Artificial intelligence continues to evolve remarkably—from image recognition and text generation to video creation—demonstrating increasingly sophisticated capabilities.
As these digital capabilities mature, the technology sector is shifting focus toward integrating AI into physical environments. This emerging concept, known as physical AI, is gaining significant traction within the industry.
Physical AI represents intelligent agents capable of perceiving physical environments and performing human-like actions beyond digital interfaces.

A staff member trains a robot to pick items from shelves at a humanoid robot data collection and training site in Hefei, East China's Anhui Province. (Photos provided to People's Daily)
Ma Xiaojian, head of the joint laboratory between the Beijing Institute for General Artificial Intelligence and Delta Intelligence, noted that physical AI has three defining features: its capabilities are built on real-world physical interaction data, it incorporates an understanding of the physical world and it can be deployed in real-world physical entities.
While generative AI excels in content creation and data analysis, physical AI excels in environmental interaction and motion-control tasks. "While representing different AI dimensions, these domains demonstrate growing convergence," Ma noted. Generative AI's capabilities— including language interpretation, scenario modeling and automated coding—enhance physical AI's task execution and environmental navigation.
Over the past few years, the tech industry has progressed physical AI by enhancing core algorithms and refining ontology engineering through various approaches.
Ma said that there are three main technical pathways currently used to implement physical AI.
The first is the "pre-training and post-training" approach, in which models undergo large-scale pre-training on internet videos, first-person videos and cross-robot manipulation data before being further refined through teleoperation data, reinforcement learning or real-world fine-tuning.
The second is the "real-simulation-real" approach, which reconstructs real-world geometry, materials and dynamics into high-fidelity simulation environments, enabling robots to learn through extensive trial-and-error in digital twins before deployment in physical systems. The third is a large-scale model based approach, where language models generate robot control programs that integrate perception, planning, execution and other functions.
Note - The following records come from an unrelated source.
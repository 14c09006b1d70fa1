-- ===== src/Protocol.antt =====
-- Several clients and the server over one shared mapping, interleaved in any order: `submit_shm` of
-- src/client/glimpl.c, the locks of src/client/spinlock.c, and `wait_shm` with the outer loop of
-- `sgl_cmd_processor_start` in src/server/processor.c. Each step makes one access to shared memory.
pub mod Invariant
pub mod Clients
pub mod Servers
pub mod Rounds
pub mod Safety
pub mod Progress
mod Tests
use sharedgl.Prelude.{ℕ, suc, ◌+◌, ◌≤◌, ◌<◌, ◌≡◌, Bool, true, false, ◌==◌, if◌then◌else◌}
use sharedgl.Layout.{valid_client_id}

-- A submission: `submit_size` bytes of the push buffer
pub record Stream : Type 0 where
  pub size : ℕ
  pub byte : ℕ → ℕ

abbrev pub no_stream : Stream
no_stream = record { size = 0; byte = λ _. 0 }

-- The registers, the stage, and of each slot the SUBMIT flag and the RETVAL word. The lock, SUBMIT
-- and the flags hold 0 or 1.
pub record Shared : Type 0 where
  pub lock : Bool
  pub submit : Bool
  pub stage_client_id : ℕ
  pub stage_size : ℕ
  pub stage : ℕ → ℕ
  pub flag : ℕ → Bool
  pub retval : ℕ → ℕ

abbrev pub update {ℓ} : {A : Type ℓ} → (ℕ → A) → ℕ → A → ℕ → A
update f i a j = if i == j then a else f j

-- Where a client stands in `submit_shm`, with the stream that it submits.
pub data Pc : Type 0 where
  idle : Pc
  dropping : Pc  -- with a stream that is too large, before `pb_write(RETVAL, 0)`
  locking : Stream → Pc  -- in `spin_lock`
  checking : Stream → Pc  -- at the head of `while (SUBMIT == 1)`, with the lock
  unlocking : Stream → Pc
  polling : Stream → Pc  -- in the inner `while`, without the lock
  flagging : Stream → Pc  -- before `pb_write(SUBMIT, 1)`
  copying : Stream → ℕ → Pc  -- in `pb_copy_to_shared`
  naming : Stream → Pc
  sizing : Stream → Pc
  raising : Stream → Pc  -- before `pb_global_write(SUBMIT, 1)`
  releasing : Stream → Pc  -- before `spin_unlock`
  waiting : Stream → Pc  -- in the last `while`
  fetching : Stream → Pc  -- before it reads RETVAL
  answered : Stream → ℕ → Pc  -- with the RETVAL that it read

-- One step of client `i`. A stream above `fifo_size` is dropped before the lock; the values behind
-- RETVAL, which are cleared too, are not in `Shared`. The caller of `glimpl_submit` reads RETVAL.
pub data Move (fifo_size i : ℕ) (m : Shared) : Pc → Shared → Pc → Type 0 where
  begin : {s : Stream} → s.size ≤ fifo_size → Move fifo_size i m idle m (locking s)
  oversize : (s : Stream) → fifo_size < s.size → Move fifo_size i m idle m dropping
  drop : Move fifo_size i m dropping (record m { retval = update m.retval i 0 }) idle
  spin : {s : Stream} → m.lock ≡ true → Move fifo_size i m (locking s) m (locking s)
  take :
      {s : Stream}
      → m.lock ≡ false
      → Move fifo_size i m (locking s) (record m { lock = true }) (checking s)
  busy : {s : Stream} → m.submit ≡ true → Move fifo_size i m (checking s) m (unlocking s)
  unlock : {s : Stream} → Move fifo_size i m (unlocking s) (record m { lock = false }) (polling s)
  poll : {s : Stream} → m.submit ≡ true → Move fifo_size i m (polling s) m (polling s)
  retry : {s : Stream} → m.submit ≡ false → Move fifo_size i m (polling s) m (locking s)
  free : {s : Stream} → m.submit ≡ false → Move fifo_size i m (checking s) m (flagging s)
  set_flag :
      {s : Stream}
      → Move fifo_size i m (flagging s) (record m { flag = update m.flag i true }) (copying s 0)
  copy :
      {s : Stream} {k : ℕ}
      → k < s.size
      → Move fifo_size i m
          (copying s k)
          (record m { stage = update m.stage k (s.byte k) })
          (copying s (suc k))
  copied : {s : Stream} {k : ℕ} → s.size ≤ k → Move fifo_size i m (copying s k) m (naming s)
  name : {s : Stream} → Move fifo_size i m (naming s) (record m { stage_client_id = i }) (sizing s)
  size : {s : Stream} → Move fifo_size i m (sizing s) (record m { stage_size = s.size }) (raising s)
  raise : {s : Stream} → Move fifo_size i m (raising s) (record m { submit = true }) (releasing s)
  release : {s : Stream} → Move fifo_size i m (releasing s) (record m { lock = false }) (waiting s)
  wait : {s : Stream} → m.flag i ≡ true → Move fifo_size i m (waiting s) m (waiting s)
  see : {s : Stream} → m.flag i ≡ false → Move fifo_size i m (waiting s) m (fetching s)
  read : {s : Stream} → Move fifo_size i m (fetching s) m (answered s (m.retval i))

-- Where the server stands in its outer loop, with its copy of the stream.
pub data ServerPc : Type 0 where
  listening : ServerPc  -- in `wait_shm`
  naming_client : ServerPc  -- before `*client_id = ...`
  sizing_batch : (id : ℕ) → ServerPc  -- before `*submit_size = ...`
  checking_batch : (id n : ℕ) → ServerPc
  wiping : (id : ℕ) → ServerPc  -- before the `memset` of a slot whose batch is too large
  refusing : ServerPc  -- before SUBMIT is lowered with no batch run
  loading : (id n k : ℕ) → (ℕ → ℕ) → ServerPc  -- in the `memcpy` to `shared_exec`
  lowering : (id n : ℕ) → (ℕ → ℕ) → ServerPc  -- before SUBMIT is lowered
  executing : (id n : ℕ) → (ℕ → ℕ) → ServerPc  -- the command loop
  replying : (id r : ℕ) → ServerPc  -- before the `memcpy` to the slot
  answering : (id r : ℕ) → ServerPc  -- before the slot's flag is lowered

-- One step of the server, but for the command loop.
pub data Serve (fifo_size : ℕ) (m : Shared) : ServerPc → Shared → ServerPc → Type 0 where
  listen : m.submit ≡ false → Serve fifo_size m listening m listening
  wake : m.submit ≡ true → Serve fifo_size m listening m naming_client
  read_id : Serve fifo_size m naming_client m (sizing_batch m.stage_client_id)
  read_size : {id : ℕ} → Serve fifo_size m (sizing_batch id) m (checking_batch id m.stage_size)
  bad_id :
      {id n : ℕ} → valid_client_id id ≡ false → Serve fifo_size m (checking_batch id n) m refusing
  too_large :
      {id n : ℕ}
      → valid_client_id id ≡ true
      → fifo_size < n
      → Serve fifo_size m (checking_batch id n) m (wiping id)
  wipe :
      {id : ℕ}
      → Serve fifo_size m
          (wiping id)
          (record m { flag = update m.flag id false; retval = update m.retval id 0 })
          refusing
  refuse : Serve fifo_size m refusing (record m { submit = false }) listening
  accept :
      {id n : ℕ}
      → valid_client_id id ≡ true
      → n ≤ fifo_size
      → Serve fifo_size m (checking_batch id n) m (loading id n 0 (λ _. 0))
  load :
      {id n k : ℕ} {exec : ℕ → ℕ}
      → k < n
      → Serve fifo_size m (loading id n k exec) m (loading id n (suc k) (update exec k (m.stage k)))
  loaded :
      {id n k : ℕ} {exec : ℕ → ℕ}
      → n ≤ k
      → Serve fifo_size m (loading id n k exec) m (lowering id n exec)
  lower :
      {id n : ℕ} {exec : ℕ → ℕ}
      → Serve fifo_size m (lowering id n exec) (record m { submit = false }) (executing id n exec)
  reply :
      {id r : ℕ}
      → Serve fifo_size m
          (replying id r)
          (record m { retval = update m.retval id r })
          (answering id r)
  answer :
      {id r : ℕ}
      → Serve fifo_size m (answering id r) (record m { flag = update m.flag id false }) listening

-- A batch that the command loop has run, with the value that it left in RETVAL
pub record Batch : Type 0 where
  pub size : ℕ
  pub byte : ℕ → ℕ
  pub result : ℕ

-- `asked` counts the submissions from which each client has returned with an answer, which are those
-- that it did not drop, `runs` the batches that the
-- command loop has run for it; `last` is the latest of these.
pub record World : Type 0 where
  pub shared : Shared
  pub clients : ℕ → Pc
  pub server : ServerPc
  pub asked : ℕ → ℕ
  pub runs : ℕ → ℕ
  pub last : ℕ → Batch

-- The command loop ends with any value. A goodbye, which takes the lock to release a slot, is left
-- out, and so is a client that connects.
pub data Step (fifo_size : ℕ) (w : World) : World → Type 0 where
  client :
      (i : ℕ) {m : Shared} {p : Pc}
      → valid_client_id i ≡ true
      → Move fifo_size i w.shared (w.clients i) m p
      → Step fifo_size w (record w { shared = m; clients = update w.clients i p })
  return :
      (i : ℕ) {s : Stream} {r : ℕ}
      → w.clients i ≡ answered s r
      → Step fifo_size w (record w {
        clients = update w.clients i idle;
        asked = update w.asked i (suc (w.asked i));
      })
  serve :
      {m : Shared} {p : ServerPc}
      → Serve fifo_size w.shared w.server m p
      → Step fifo_size w (record w { shared = m; server = p })
  execute :
      {id n : ℕ} {exec : ℕ → ℕ} (r : ℕ)
      → w.server ≡ executing id n exec
      → Step fifo_size w (record w {
        server = replying id r;
        runs = update w.runs id (suc (w.runs id));
        last = update w.last id (record { size = n; byte = exec; result = r });
      })

-- `sgl_cmd_processor_start` has cleared the registers and the slots; no client has submitted.
abbrev pub quiet : Shared
quiet = record {
  lock = false;
  submit = false;
  stage_client_id = 0;
  stage_size = 0;
  stage = λ _. 0;
  flag = λ _. false;
  retval = λ _. 0;
}

abbrev pub init : World
init = record {
  shared = quiet;
  clients = λ _. idle;
  server = listening;
  asked = λ _. 0;
  runs = λ _. 0;
  last = λ _. record { size = 0; byte = λ _. 0; result = 0 };
}

pub data Reach (fifo_size : ℕ) : World → Type 0 where
  start : Reach fifo_size init
  later : {w w' : World} → Reach fifo_size w → Step fifo_size w w' → Reach fifo_size w'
A humanoid robot opens and closes a high-voltage cabinet at an embodied intelligence demonstration and application center in Hangzhou, East China's Zhejiang Province.
Each approach has its own strengths and limitations. "Overall, the three routes are unlikely to replace one another. Instead, they will gradually converge in data, simulation and model reasoning," Ma said.
Industry experts are optimistic about the commercialization prospects of physical AI. On the one hand, physical AI follows the same development trajectory as large AI models, leveraging larger datasets, more capable models, systematic evaluation and continuous iteration to improve performance steadily. On the other hand, commercialization does not depend on the arrival of fully general-purpose robots. In specialized domains, demonstrating strong generalization across similar tasks is already a major step toward real-world adoption.
Looking ahead, frontier fields such as the low-altitude economy, new energy batteries, embodied intelligence, advanced chips and aerospace, where complex simulation and optimization are required, are expected to become key application areas for physical AI. Ma believes the technology will first emerge in scenarios that are unsuitable for long-term human labor and difficult for traditional automation to address fully.
A real-world example exists in remote mountainous power grid inspections. Tiangong, a humanoid robot developed by the Beijing Humanoid Robot Innovation Center, now performs complex tasks previously requiring human workers—including high-altitude inspections, substation operations and grounding wire installation.
"Physical AI complements rather than replaces traditional automation," Ma clarified. Conventional solutions remain more cost-effective when operating in structured environments with fixed workflows. Physical AI's unique advantage lies in dynamic environments that demand real-time adaptation, flexible decision-making and the safe execution of hazardous tasks.

A domestically developed smart vehicle equipped with physical AI capabilities is on display at the 2026 Beijing International Automotive Exhibition.
In industrial applications, training efficiency for physical AI models is also improving rapidly.
"Thanks to years of accumulation in AI infrastructure, we have increased training speed for vision-language-action models by 70 percent, and reduced inference latency for world models by 50 percent. Training cycles that once took weeks can now be reduced to hours," said Shen Dou, executive vice president of Baidu.
The real-world application of physical AI depends on continuous iteration driven by feedback from real scenarios.
Industry experts noted that China's rich application scenarios offer a unique advantage. "Only by applying technologies in frontline settings such as mines, factories, warehouses and inspection sites can physical AI form a virtuous cycle of scenario-data-model-product," Ma said.